At the price you paid you may not see a return on your capital but if I were you I'd be talking to bicycle frame builders or local steel fabricators to try to get a frame made up for the front of the bike. I am of course assuming that you bought the Rival trade bike from eBay recently?
You have a rare and interesting bike. Did the seller give you any idea where it had come from, other than the Rival Cycle works in Heigham Street?
Matthew - happy to help.
| There was a front carrier on fleabay the other day (UK) I can't remember what section it was listed on but may be worth checking it out.If I can find it I will post a link.|
| Is it possible to straighten out slightly twisted cranks.|
I have one bike with both cranks very slightly twisted. I've never experienced this before or the odd pedaling action it provides, apart from that it's a lovely bike.

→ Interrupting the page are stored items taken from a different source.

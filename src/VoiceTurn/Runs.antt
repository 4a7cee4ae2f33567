-- ===== src/VoiceTurn/Runs.antt =====
-- Sequences of steps of core/cluster/voice_turn.py: the calls of the transport and of the idle watch,
-- in any interleaving with the stages of the tasks, also of tasks that have been replaced.
use xiaozhi_desk_robot_serve.Prelude.{ℕ, String, Bool, Option, List, [], ◌∷◌, if◌then◌else◌}
use xiaozhi_desk_robot_serve.VoiceTurn.{Message, VoiceTurn, Config}
use xiaozhi_desk_robot_serve.VoiceTurn.Control.{
  abort, start, start_text, audio_frame, stop, idle_due, expire_idle,
}
use xiaozhi_desk_robot_serve.VoiceTurn.Turn.{
  AsrResult, Phrases, Playback, heard_partial, heard_speech, admitted, take_frame,
  transcribe_attempt, accept_text, heard_text, finish, play_message, answer_chunk, answer_result,
}

pub data Call : Type 0 where
  abort_call stop_call : Call
  start_call : String → Call
  text_call : Option String → Bool → Call
  audio_call : List ℕ → Call
  idle_call : Call
  partial_call : ℕ → String → Call
  speech_call admitted_call take_call : ℕ → Call
  attempt_call : ℕ → String → ℕ → AsrResult → Call
  heard_call : ℕ → String → String → Call
  accept_call : ℕ → Bool → Bool → Bool → String → Call
  play_call : ℕ → Message → Call
  chunk_call : ℕ → Option (String × String) → String → ℕ → Call
  result_call : ℕ → Option Playback → String → Call
  finish_call : ℕ → Option Playback → Bool → Bool → Call

-- one turn of the idle watch
unfoldable pub watch_idle : Config → (Message → Bool) → ℕ → VoiceTurn → VoiceTurn
watch_idle cfg sends now v =
    let (w, due) = idle_due cfg now v in if due then (expire_idle cfg sends w).0 else w

module _ (cfg : Config) (ph : Phrases) where
  unfoldable pub step : (Message → Bool) → ℕ → Call → VoiceTurn → VoiceTurn
  step sends now abort_call v = abort sends v
  step sends now stop_call v = (stop sends v).0
  step sends now (start_call mode) v = (start sends now mode v).0
  step sends now (text_call text wake) v = (start_text cfg ph.matches sends now text wake v).0
  step sends now (audio_call bytes) v = (audio_frame sends bytes v).0
  step sends now idle_call v = watch_idle cfg sends now v
  step sends now (partial_call g text) v = (heard_partial sends now g text v).0
  step sends now (speech_call g) v = heard_speech now g v
  step sends now (admitted_call g) v = admitted g v
  step sends now (take_call g) v = take_frame g v
  step sends now (attempt_call g mode attempts r) v =
      (transcribe_attempt sends g mode attempts r v).0
  step sends now (heard_call g mode text) v = (heard_text sends now ph g mode text v).0
  step sends now (accept_call g wake listens closing text) v =
      (accept_text sends now ph g wake listens closing text v).0
  step sends now (play_call g m) v = (play_message sends g m v).0
  step sends now (chunk_call g emotion text seq) v = (answer_chunk sends g emotion text seq v).0
  step sends now (result_call g speech text) v = (answer_result sends g speech text v).0
  step sends now (finish_call g speech failed spoken) v = finish sends now g speech failed spoken v

  -- each call with its time and with the sends that get through
  unfoldable pub run : List ((Message → Bool) × ℕ × Call) → VoiceTurn → VoiceTurn
  run [] v = v
  run ((sends, now, c) ∷ calls) v = run calls (step sends now c v)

I'm thinking of getting some heat on to them with a slight twist back to the correct position but I'm not sure (a) if this is possible or (B) if this is the right way to go about it.
What is the most likely cause of this.....excessive stand-up riding by a previous owner ?
Bike is possibly 70 years old and cranks look original.
Any ideas ?
Steve - another day, another problem !
| Cranks can be bent when bikes are carelessly and repetitively dropped to the ground. Usually, the pedals spindles get bent first. Check those out as well.|
I think it would be easy to straighten a left crankarm in a large bench vise. The right might need additional and judicious use of a BFM. Big farging mallet for the uninitiated. I've used a mallet to straighten steel chainrings. Spin them while installed on the bike and smack the rings in the high spots. Use wooden blocks or dowels to get in at tough spots.
| You're right Warren, the pedal spindles do look bent (I forgot to mention that).|
I'll have a good look at them next time.
| To conclude, both pedal spindles were bent and fortunately only the left crank (the easier of the two) was twisted.|
Crank secured not in the bench vise (it was to far away)but in a recess in the chassis of a stripped down bulldozer (it's surprising what you can use if you look around) followed by extra large adjustable used very gently on the other end of the crank to bring it back into line.
In future I must remember which direction the left pedal spindle thread goes (I know it's logical but it still throws me from time to time).